These are the key concepts you need to understand to accurately answer the question.

Average Value
The concept of average value of a function over a region is essential in calculating characteristics over a specified area. In polar coordinates, this average value is calculated using a double integral.
Consider a region \( R \) with area \( \text{Area(R)} \). If we have a function \( f(r, \theta) \), its average value over \( R \) is given by
  • \( \frac{1}{\text{Area(R)}} \iint_{R} f(r, \theta) \, r \, dr \, d\theta \)
This formula allows us to divide the total effect of \( f \) by the area, providing the mean effect per unit area in the region.

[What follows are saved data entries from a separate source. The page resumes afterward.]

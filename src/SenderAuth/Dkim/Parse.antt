-- ===== src/SenderAuth/Dkim/Parse.antt =====
-- `parseDKIMSignature` and the hash algorithms of internal/senderauth/dkim.go.
use elec_postal.Text.{Text, codes, text_eq, is_nil, to_lower, trim_space, cut, cut_last, split}
use elec_postal.Base.{Bool, ◌||◌, Option, none, some, List, [], ◌∷◌, if◌then◌else◌}

pub record Signature : Type 0 where
  pub algo : Text
  pub domain : Text
  pub selector : Text
  pub canon : Text
  pub headers : Text
  pub body_hash : Text
  pub signature : Text

abbrev no_signature : Signature
no_signature = record {
  algo = [];
  domain = [];
  selector = [];
  canon = [];
  headers = [];
  body_hash = [];
  signature = [];
}

-- the switch over the tags; none is the early return
pub signature_tag : Signature → Text → Text → Option Signature
signature_tag sig tag val =
    if text_eq tag (codes "v")
    then if text_eq val (codes "1") then some sig else none
    else if text_eq tag (codes "a")
    then some (record sig { algo = to_lower val })
    else if text_eq tag (codes "d")
    then some (record sig { domain = to_lower val })
    else if text_eq tag (codes "s")
    then some (record sig { selector = val })
    else if text_eq tag (codes "c")
    then some (record sig { canon = to_lower val })
    else if text_eq tag (codes "h")
    then some (record sig { headers = val })
    else if text_eq tag (codes "bh")
    then some (record sig { body_hash = val })
    else if text_eq tag (codes "b")
    then some (record sig { signature = val })
    else some sig

-- one part between semicolons; a part with no `=`, as an empty one, is passed over
abbrev pub signature_part : Signature → Option (Text × Text) → Option Signature
signature_part sig none = some sig
signature_part sig (some (tag, val)) =
    signature_tag sig (to_lower (trim_space tag)) (trim_space val)

abbrev then_parts : (Signature → Option Signature) → Option Signature → Option Signature
then_parts rest none = none
then_parts rest (some sig) = rest sig

pub signature_parts : List Text → Signature → Option Signature
unfolding signature_tag
signature_parts [] sig = some sig
signature_parts (part ∷ parts) sig =
    then_parts (signature_parts parts) (signature_part sig (cut b'=' (trim_space part)))

-- the check of the tags that have to be there
abbrev required : Option Signature → Option Signature
required none = none
required (some sig) =
    if is_nil sig.domain
      || is_nil sig.selector
      || is_nil sig.headers
      || is_nil sig.body_hash
      || is_nil sig.signature
    then none
    else some sig

unfoldable pub parse_dkim_signature : Text → Option Signature
unfolding signature_parts
parse_dkim_signature value = required (signature_parts (split b';' value) no_signature)

pub data Hash : Type 0 where
  sha1 sha256 : Hash

abbrev after_dash : Text → Option (Text × Text) → Text
after_dash algo none = algo
after_dash algo (some (before, after)) = after

unfoldable pub hash_algo : Text → Text
hash_algo algo =
    let name = to_lower (trim_space algo) in
    if is_nil name then codes "sha256" else after_dash name (cut_last b'-' name)

unfoldable pub supported_hash : Text → Bool
unfolding hash_algo
supported_hash algo =
    text_eq (hash_algo algo) (codes "sha1") || text_eq (hash_algo algo) (codes "sha256")

unfoldable pub hash_func : Text → Hash
unfolding hash_algo
hash_func algo = if text_eq (hash_algo algo) (codes "sha1") then sha1 else sha256
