-- ===== src/SenderAuth/Dkim/Keys.antt =====
-- Keys and the verification of one signature in internal/senderauth/dkim.go.
use elec_postal.Text.{
  Text, codes, text_eq, is_nil, equal_fold, to_lower, trim_space, fields, cut, split, join,
}
use elec_postal.Base.{
  Bool, false, ◌&&◌, Option, none, some, List, [], ◌∷◌, length, ◌==◌, if◌then◌else◌,
}
use elec_postal.SenderAuth.State.{Answer, records, not_found, failed}
use elec_postal.SenderAuth.Dkim.Parse.{Hash, hash_func}

pub record Key : Type 0 where
  pub kind : Text
  pub data_p : Text

abbrev pub empty_key : Key
empty_key = record { kind = []; data_p = [] }

-- The packages crypto and encoding/base64; none is an error. `parse_pkix` finds a key that may be of
-- another kind than RSA.
pub record Crypto (K : Type 0) : Type 0 where
  pub decode_base64 : Text → Option Text
  pub digest : Hash → Text → Text
  pub verify_ed25519 : Text → Text → Text → Bool
  pub parse_pkcs1 : Text → Option K
  pub parse_pkix : Text → Option (Option K)
  pub verify_pkcs1v15 : K → Hash → Text → Text → Bool

-- what a tag of a key record does: a return from the function, or the key so far
pub data KeyStep : Type 0 where
  returns : Option Key → KeyStep
  goes_on : Key → KeyStep

-- What `dkimKey` returns.
pub data KeyAnswer : Type 0 where
  found : Key → KeyAnswer
  dns_error : KeyAnswer
  missing : KeyAnswer

module _ {K : Type 0} (lib : Crypto K) where
  abbrev decoded : Key → Option Text → KeyStep
  decoded key none = returns (some empty_key)
  decoded key (some p) = goes_on (record key { data_p = p })

  pub key_tag : Key → Text → Text → KeyStep
  key_tag key tag val =
      if text_eq tag (codes "v")
      then if equal_fold val (codes "DKIM1") then goes_on key else returns none
      else if text_eq tag (codes "k")
      then goes_on (record key { kind = to_lower val })
      else if text_eq tag (codes "p")
      then decoded key (lib.decode_base64 (join [] (fields val)))
      else goes_on key

  abbrev key_part : Key → Option (Text × Text) → KeyStep
  key_part key none = goes_on key
  key_part key (some (tag, val)) = key_tag key (to_lower (trim_space tag)) (trim_space val)

  abbrev then_key_parts : (Key → Option Key) → KeyStep → Option Key
  then_key_parts rest (returns answer) = answer
  then_key_parts rest (goes_on key) = rest key

  abbrev pub finish_key : Key → Key
  finish_key key =
      if is_nil key.data_p
      then empty_key
      else if is_nil key.kind
      then record key { kind = codes "rsa" }
      else key

  pub key_parts : List Text → Key → Option Key
  unfolding key_tag
  key_parts [] key = some (finish_key key)
  key_parts (part ∷ parts) key =
      then_key_parts (key_parts parts) (key_part key (cut b'=' (trim_space part)))

  unfoldable pub parse_dkim_key : List Text → Option Key
  unfolding key_parts
  parse_dkim_key [] = none
  parse_dkim_key (r ∷ rs) =
      let rest = parse_dkim_key rs in
      let text = trim_space r in if is_nil text then rest else key_parts (split b';' text) empty_key

  abbrev usable : Option Key → KeyAnswer
  usable none = missing
  usable (some key) = if is_nil key.data_p then missing else found key

  unfoldable pub key_answer : Answer → KeyAnswer
  unfolding parse_dkim_key
  key_answer (records rs) = usable (parse_dkim_key rs)
  key_answer not_found = missing
  key_answer failed = dns_error

  abbrev or_pkix : Option K → Option (Option K) → Option K
  or_pkix (some k) other = some k
  or_pkix none (some (some k)) = some k
  or_pkix none _ = none

  unfoldable pub parse_rsa_public_key : Text → Option K
  parse_rsa_public_key der = or_pkix (lib.parse_pkcs1 der) (lib.parse_pkix der)

  abbrev verify_rsa : Option K → Hash → Text → Text → Bool
  verify_rsa none hash digest sig = false
  verify_rsa (some k) hash digest sig = lib.verify_pkcs1v15 k hash digest sig

  unfoldable pub verify_signature : Key → Text → Text → Text → Bool
  unfolding parse_rsa_public_key hash_func
  verify_signature key algo digest sig =
      if text_eq key.kind (codes "ed25519")
      then length key.data_p == 32 && lib.verify_ed25519 key.data_p digest sig
      else verify_rsa (parse_rsa_public_key key.data_p) (hash_func algo) digest sig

The average height of a cone can be understood as its mean elevation above the base, which is what the exercise is trying to find using these concepts.
Double Integral
Double integrals are a powerful tool in calculus for computing over two-dimensional regions. Specifically, they allow us to accumulate quantities over an area. This is done by integrating a function twice, first with respect to one variable, and then the other.

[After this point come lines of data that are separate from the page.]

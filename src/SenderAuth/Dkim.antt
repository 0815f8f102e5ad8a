-- ===== src/SenderAuth/Dkim.antt =====
-- internal/senderauth/dkim.go: the verification of DKIM signatures.
pub mod Canonical
pub mod Parse
pub mod Keys
pub mod Sound
pub mod Complete
use elec_postal.Text.{Text, codes, text_eq}
use elec_postal.Base.{Bool, true, false, Option, none, some, List, [], ◌∷◌, ◌++◌, if◌then◌else◌}
use elec_postal.SenderAuth.State.{
  Verdict, pass, fail, temperror, permerror, State, ◌>>=◌, pure, Env,
}
use elec_postal.SenderAuth.Dkim.Canonical.{
  Header, header_values, header_relaxed, body_relaxed, canonicalize_body,
  canonicalize_signed_headers,
}
use elec_postal.SenderAuth.Dkim.Parse.{Signature, parse_dkim_signature, supported_hash, hash_func}
use elec_postal.SenderAuth.Dkim.Keys.{
  Key, Crypto, KeyAnswer, found, dns_error, missing, key_answer, verify_signature,
}

-- What the body of the loop of `verifyDKIM` does with one signature.
pub data Outcome : Type 0 where
  valid : Text → Outcome
  dns_fail : Outcome
  verify_fail : Outcome
  skipped : Outcome

pub record Tally : Type 0 where
  pub some_valid : Bool
  pub last_valid : Text
  pub some_dns_fail : Bool
  pub some_verify_fail : Bool

abbrev pub no_tally : Tally
no_tally = record {
  some_valid = false;
  last_valid = [];
  some_dns_fail = false;
  some_verify_fail = false;
}

abbrev pub note : Tally → Outcome → Tally
note t (valid domain) = record t { some_valid = true; last_valid = domain }
note t dns_fail = record t { some_dns_fail = true }
note t verify_fail = record t { some_verify_fail = true }
note t skipped = t

unfoldable pub aggregate : Tally → Verdict × Text
aggregate t =
    if t.some_valid
    then (pass, t.last_valid)
    else if t.some_dns_fail
    then (temperror, [])
    else if t.some_verify_fail
    then (fail, [])
    else (permerror, [])

module _ {K : Type 0} (lib : Crypto K) (header : Header) (body : Text) where
  unfoldable pub body_digest : Signature → Text
  body_digest sig =
      lib.digest (hash_func sig.algo) (canonicalize_body body (body_relaxed sig.canon))

  unfoldable pub header_digest : Signature → Text
  header_digest sig =
      lib.digest (hash_func sig.algo)
        (canonicalize_signed_headers header sig.headers (header_relaxed sig.canon))

  unfoldable pub check_value : Signature → Key → Option Text → Outcome
  unfolding header_digest verify_signature
  check_value sig key none = skipped
  check_value sig key (some bytes) =
      if verify_signature lib key sig.algo (header_digest sig) bytes
      then valid sig.domain
      else verify_fail

  unfoldable pub check_body : Signature → Key → Option Text → Outcome
  unfolding check_value body_digest
  check_body sig key none = skipped
  check_body sig key (some wanted) =
      if text_eq (body_digest sig) wanted
      then check_value sig key (lib.decode_base64 sig.signature)
      else verify_fail

  unfoldable pub check_key : Signature → KeyAnswer → Outcome
  unfolding check_body
  check_key sig (found key) = check_body sig key (lib.decode_base64 sig.body_hash)
  check_key sig dns_error = dns_fail
  check_key sig missing = skipped

  module _ {W : Type 0} (env : Env W) where
    unfoldable pub dkim_key : Text → Text → State W KeyAnswer
    unfolding key_answer
    dkim_key selector domain = do
      answer ← env.lookup_txt (selector ++ codes "._domainkey." ++ domain)
      pure (key_answer lib answer)

    unfoldable pub check_parsed : Option Signature → State W Outcome
    unfolding supported_hash dkim_key check_key
    check_parsed none = pure skipped
    check_parsed (some sig) =
        if supported_hash sig.algo
        then (do key ← dkim_key sig.selector sig.domain; pure (check_key sig key))
        else pure skipped

    unfoldable pub check_signature : Text → State W Outcome
    unfolding check_parsed parse_dkim_signature
    check_signature value = check_parsed (parse_dkim_signature value)

    unfoldable pub verify_loop : List Text → Tally → State W Tally
    unfolding check_signature
    verify_loop [] t = pure t
    verify_loop (value ∷ vs) t = do
      late ← env.expired
      if late
          then pure (record t { some_dns_fail = true })
          else (do outcome ← check_signature value; verify_loop vs (note t outcome))

    abbrev pub verify_values : List Text → State W (Verdict × Text)
    verify_values [] = pure (Verdict.none, [])
    verify_values (value ∷ vs) = (do t ← verify_loop (value ∷ vs) no_tally; pure (aggregate t))

    unfoldable pub verify_dkim : State W (Verdict × Text)
    unfolding verify_loop aggregate
    verify_dkim = verify_values (header_values header (codes "DKIM-Signature"))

In the problem context, double integration over polar coordinates is used:
  • Set up as \( \int_{0}^{2\pi} \int_{0}^{a} r^2 \, dr \, d\theta \)
  • First, integrate with respect to \( r \) from 0 to \( a \), giving \( \frac{r^3}{3} \) evaluated at the limits.
  • Then integrate the outer \( d\theta \) from 0 to \( 2\pi \), giving the total \( \frac{2\pi a^3}{3} \).
This structured step of integration helps compute volume-like entities or area-related computations within certain bounds. In this case, it determines how high the cone stands on average above its circular base.
Area of a Disk
In terms of geometry, a disk is essentially a circle with all the interior points included. To find the area of a disk, the well-known formula \( \pi r^2 \) is employed where \( r \) is the radius of the circle.
For this exercise:
  • The disk in the \( xy \)-plane is defined as \( x^2 + y^2 \leq a^2 \).
  • The area of the disk \( R \) turns out to be \( \pi a^2 \), as the radius here is \( a \).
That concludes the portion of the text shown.